# Surrey pet supplies



## Esarosa (Jul 13, 2007)

Has anyone used these??? (seen them linked around quite alot lately). If so what were your experiences.

Theres a few things I fancy getting off there, that are cheaper than anywhere else i've seen. So i'm just making sure it's not a 'if it sounds to good to be true then it probably is' scenario.


All replies appreciated n welcome. Ps sorry if this is in the wrong section but they do sell equipment n supplies, so didnt know where else to put it.


----------



## Torres13 (Aug 30, 2007)

yeah I've ordered from them loads of times as their prices are good. Even tho you pay for next day delivery they usually take a few days to get it sorted. Say if you ordered on tuesday mid-day you would have it by friday.


----------



## Esarosa (Jul 13, 2007)

ah cool ty their prices are much cheaper than anywhere around here it has to be said


----------



## SilverSteno (Feb 12, 2006)

I've used them a few times, delivery can take a few days but overall good place.


----------



## dubzie (Sep 25, 2007)

I have ordered from them, and like everyone else said (including my mum):lol2: they take a long time to deliver...but its a big store, and u can get pretty much anything from there, so there's no lack


----------



## Esarosa (Jul 13, 2007)

cool cheers for the replies guys.i'll give em a try


----------



## Furrag (Oct 11, 2007)

They're my local shop, who I use all the time due to their good prices and locality.
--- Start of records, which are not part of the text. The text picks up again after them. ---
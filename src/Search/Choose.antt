-- ===== src/Search/Choose.antt =====
-- tool/search.py: `choose_candidate`, which takes the first candidate whose hint is accepted.
pub mod Accepted
use ooverlap.Prelude.{
  ℕ, zero, suc, ◌+◌, ◌-◌, ◌*◌, Bool, true, false, Option, none, some, List, [], ◌∷◌, length, take,
  max, ltb, if◌then◌else◌,
}
use ooverlap.Prelude.Floats.{Floats}
use ooverlap.Prelude.Result.{Result, ok, err, runtime_error, unmodelled, ◌>>=◌}
use ooverlap.Search.Geometry.{div_up, tile_count, compute_sms_from_slack}
use ooverlap.Search.Latency.{CommOp, sms_count_of}
use ooverlap.Search.Hint.{HintResult}
use ooverlap.Search.Sampling.{Gpu, compute_hint_process}
use ooverlap.Search.Candidates.{Candidate, filter_candidates_by_algo_id, candidate_count}

abbrev pub default_exhaustive_algos : ℕ
default_exhaustive_algos = 5

abbrev pub default_predictive_algos : ℕ
default_predictive_algos = 10

-- The options of a search.
pub record Options : Type 0 where
  pub m : ℕ
  pub n : ℕ
  pub comm_op : CommOp
  pub comm_sm_slack : ℕ
  pub predictive : Bool
  pub min_group_size_override : Option ℕ
  pub min_effective_group_size_override : Option ℕ
  pub effective_hint_confirm : Bool
  pub algo_id : Option ℕ

-- The machine: the extension, the device as the t-th try finds it, and what torch says of it.
pub record Machine : Type 1 where
  pub gpu : Gpu
  pub device : ℕ → gpu.Device
  pub sm_count : ℕ
  pub world_size : ℕ

-- `selected`
pub record Selected (f : Floats) : Type 0 where
  pub candidate : Candidate f
  pub tile_num : ℕ
  pub wave_num : ℕ
  pub hint : List ℕ
  pub effective_min_group_size : ℕ
  pub selected_min_group_size : ℕ
  pub compute_sms : ℕ

-- `min_group_size`, `min_effective_group_size` and `wSize`.
pub record Groups : Type 0 where
  pub min_group_size : ℕ
  pub min_effective_group_size : ℕ
  pub window_size : ℕ

unfoldable pub or_else : Option ℕ → Result ℕ → Result ℕ
or_else none r = r
or_else (some x) r = ok x

abbrev pub or_default : Option ℕ → ℕ → ℕ
or_default none d = d
or_default (some x) d = x

unfoldable pub group_sizes : Options → (wave_num compute_sms : ℕ) → Result Groups
group_sizes o wave_num compute_sms = elim o.predictive [
  | true ↦ do
    group ← or_else o.min_group_size_override (div_up wave_num 10)
    ok (record {
      min_group_size = group;
      min_effective_group_size = or_default o.min_effective_group_size_override (max 1 (group - 3));
      window_size = group * compute_sms;
    })
  | false ↦
      ok (record { min_group_size = 1; min_effective_group_size = 1; window_size = compute_sms })
]

module _ (f : Floats) (machine : Machine) (o : Options) where
  -- `compute_hint`: every rank runs `compute_hint_process`, and rank 0's result is returned.
  unfoldable pub compute_hint :
      (t : ℕ) → Candidate f → (compute_sms : ℕ) → Groups → Result HintResult
  compute_hint t c compute_sms g =
      if ltb machine.world_size 2
      then err runtime_error
      else compute_hint_process machine.gpu o.comm_op o.m o.n c.bm c.bn g.window_size compute_sms
          g.min_group_size g.min_effective_group_size
          (if o.predictive then o.effective_hint_confirm else false) (machine.device t)

  abbrev pub selection :
      Candidate f → (tile_num wave_num compute_sms : ℕ) → Groups → HintResult → Selected f
  selection c tile_num wave_num compute_sms g r = record {
    candidate = c;
    tile_num = tile_num;
    wave_num = wave_num;
    hint = r.hint;
    effective_min_group_size = r.effective_group;
    selected_min_group_size = g.min_group_size;
    compute_sms = compute_sms;
  }

  -- What the `except` clause and the test of `ok` make of a hint: the next candidate, or this one.
  unfoldable pub accept :
      Candidate f
      → (tile_num wave_num compute_sms : ℕ) → Groups
      → Result HintResult
      → Option (Selected f)
  accept c tile_num wave_num compute_sms g (err e) = none
  accept c tile_num wave_num compute_sms g (ok r) =
      if r.accepted then some (selection c tile_num wave_num compute_sms g r) else none

  -- The body of the loop over the candidates.
  unfoldable pub try_candidate : (t compute_sms : ℕ) → Candidate f → Result (Option (Selected f))
  try_candidate t compute_sms c = do
    tile_num ← tile_count o.m o.n c.bm c.bn
    wave_num ← div_up tile_num compute_sms
    g ← group_sizes o wave_num compute_sms
    ok (accept c tile_num wave_num compute_sms g (compute_hint t c compute_sms g))

  unfoldable pub try_candidates : (t compute_sms : ℕ) → List (Candidate f) → Result (Selected f)
  try_candidates t compute_sms [] = err runtime_error
  try_candidates t compute_sms (c ∷ cs) =
      let rest = try_candidates (suc t) compute_sms cs in
      try_candidate t compute_sms c >>= λ found. elim found [ some s ↦ ok s | none ↦ rest ]

  -- `loaded` is what `load_shape_config` returns.
  unfoldable pub choose_candidate : List (Candidate f) → Result (Selected f)
  choose_candidate loaded = do
    cs ← filter_candidates_by_algo_id f o.algo_id loaded
    compute_sms ← sms_count_of (compute_sms_from_slack machine.sm_count o.comm_sm_slack)
    let limit = if o.predictive then default_predictive_algos else default_exhaustive_algos
    try_candidates 0 compute_sms (take (candidate_count (length cs) limit o.algo_id) cs)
It's a funny one. The head of the store is really really good. The others who work there though, definitely aren't clued up as their website boasts - they didn't believe me that heat mats could be regulated. I had to ask to see the manager, and she showed me where the habistat thermostats were, which each one offered in very good detail, and recommended which one to buy. Her product knowledge combined with the knowledge for animals was very impressive. Saying that, it is a young shop, who are reliable, and I would recommend them.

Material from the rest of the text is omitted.